もしかしたら人間の国も政策失敗でジンバブエドルみたいなことが起きているのかもしれない。

だが困った。

報酬……食事とかかな?

干し肉があるから別にいいか。

あ、そうだ。


「魔法ってどうすれば使えるようになるんですか?」


せっかくだし情報を聞いておこう。

欲しい物といえば新しく武器が欲しいが、少しの労働で得られるものではないだろうし。

魔法について聞けたらそれで十分だろう。


「魔法か?生まれつき使える場合がほとんどだが、それ以外はスキルオーブで覚えないと使えないぞ?」


……モンスターを駆逐しなければならない時が来たようだ。

スキルオーブを落とすまでダンジョンでモンスターガチャをする日が来るとはな。


「ちょっと奥まで行ってモンスター根絶やしにしてきますね。」


今宵のこん棒は血に飢えておる。


「いや……今日は流石に休むべきだろう。明日の朝からにしたほうがいいぞ。私も付き合うから、な?」


エルフちゃんが震え、隊長も少し驚いているようだ。

殺気でも漏れたのかな?

いけないいけない☆


「そうですね。

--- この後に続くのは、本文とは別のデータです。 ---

-- ===== src/Uv.antt =====
-- What libuv hands to the callbacks, and the helpers of common/util.h and common/util.cpp.
use learnuv.Base.{
  ℕ, ◌-◌, ◌^◌, ◌≡◌, ◌≢◌, refl, Bool, [], ◌∷◌, ◌++◌, arith, Bytes, All, ◌==◌, if◌then◌else◌,
  out_of_range, exited, Outcome, ok, fail, require, ◌>>=◌, ◌≤◌, length, Option, none, some, true,
  false, ◌>>◌,
}
use learnuv.Base.Int.{ℤ, pos, negsuc}

-- The `ssize_t nread` of a read callback: a count, `UV_EOF`, or another negative number -(k + 1).
pub data Nread : Type 0 where
  count : ℕ → Nread
  eof : Nread
  error : ℕ → Nread

-- What a callback is told of a stream that has ended or failed.
abbrev pub IsEnd : Nread → Type 0
IsEnd (count n) = ⊥
IsEnd _ = Unit {0}

-- `nread` converted to `size_t`, where it is not `UV_EOF`
abbrev pub nread_size : ℕ → ℕ
nread_size k = 2 ^ 64 - k - 1

-- `check_uv(status)` ends the process on a negative status.
abbrev pub check_uv : ℤ → Outcome (Unit {0})
check_uv (pos n) = ok tt
check_uv (negsuc n) = fail exited

-- `safe_malloc`: the argument says whether the allocator returned memory.
abbrev pub safe_malloc : Bool → Outcome (Unit {0})
safe_malloc got = require got exited

-- Where what follows exits, the whole exits.
pub check_uv-exits :
    {Value : Type 0} (status : ℤ) (o : Outcome Value)
    → o ≡ fail exited
    → (check_uv status >> o) ≡ fail exited
check_uv-exits (pos n) o e = e
check_uv-exits (negsuc n) o e = refl

pub safe_malloc-exits :
    {Value : Type 0} (got : Bool) (o : Outcome Value)
    → o ≡ fail exited
    → (safe_malloc got >> o) ≡ fail exited
safe_malloc-exits true o e = e
safe_malloc-exits false o e = refl

-- A `uv_buf_t`: an address and a length
pub record UvBuf : Type 0 where
  pub base : ℕ
  pub len : ℕ

-- `common_alloc_buffer(handle, suggested_size, buf)`, by the address that `malloc` returns; without
-- memory, the `uv_buf_t` stays as it is.
unfoldable pub common_alloc_buffer : Option ℕ → ℕ → UvBuf → UvBuf
common_alloc_buffer none suggested_size buf = buf
common_alloc_buffer (some base) suggested_size buf = record { base = base; len = suggested_size }

-- What the host answers to a program that starts: the allocator, at its first and its second call,
-- and the calls of libuv.
pub record Host : Type 0 where
  pub got : Bool
  pub got_again : Bool
  pub init : ℤ
  pub bind : ℤ
  pub listen : ℤ
  pub timer_start : ℤ

-- How `main` goes on: into the loop, with a server that listens or one that does not, or back with
-- a status.
pub data Begun (State : Type 0) : Type 0 where
  listens : State → Begun State
  idles : State → Begun State
  quits : ℕ → Begun State

-- After a `uv_listen` whose answer ends nothing
abbrev pub after_listen : {State : Type 0} → ℤ → State → Begun State
after_listen (pos n) s = listens s
after_listen (negsuc e) s = idles s

-- A C string in memory: the bytes in front of the first zero byte. Without one, reading runs out
-- of the memory.
unfoldable pub c_string : Bytes → Outcome Bytes
c_string [] = fail out_of_range
c_string (b ∷ mem) = if b == 0 then ok [] else (do s ← c_string mem; ok (b ∷ s))

-- `std::string::c_str` puts a zero byte behind the text.
abbrev pub IsText : Bytes → Type 0
IsText s = All (λ b. b ≢ 0) s

pub c_string-text : (s rest : Bytes) → IsText s → c_string (s ++ 0 ∷ rest) ≡ ok s
unfolding c_string
c_string-text [] rest h = refl
c_string-text (b ∷ s) rest h = ground (arith, c_string-text s rest h.1)

-- What `%s`, `strlen` and the like take from a text with a zero byte behind it
abbrev pub before_zero : Bytes → Bytes
before_zero [] = []
before_zero (b ∷ s) = if b == 0 then [] else b ∷ before_zero s

pub c_string-before_zero : (s rest : Bytes) → c_string (s ++ 0 ∷ rest) ≡ ok (before_zero s)
unfolding c_string
c_string-before_zero [] rest = refl
c_string-before_zero (b ∷ s) rest = ground (arith, c_string-before_zero s rest)

pub length-before_zero : (s : Bytes) → length (before_zero s) ≤ length s
length-before_zero [] = omega arith
length-before_zero (b ∷ s) = ground (arith, length-before_zero s)

pub before_zero-IsText : (s : Bytes) → IsText s → before_zero s ≡ s
before_zero-IsText [] h = refl
before_zero-IsText (b ∷ s) h = ground (arith, before_zero-IsText s h.1)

ではそろそろ休もうと思います。」


流石にダンジョンの中で寝る勇気はない。

『気づいたらウサギが目の前に湧いていた』みたいなことが起きるのか分からないからだ。

というか寝るには少し明るいし。

昔は完全に真っ暗にならないと寝れなかったけど、最近は普通に寝れる様になったんだよなぁ。

ゲームで徹夜して朝から寝るとか普通だったし。


そんなことを思いながらダンジョン外の焚き火のそばで眠るのだった。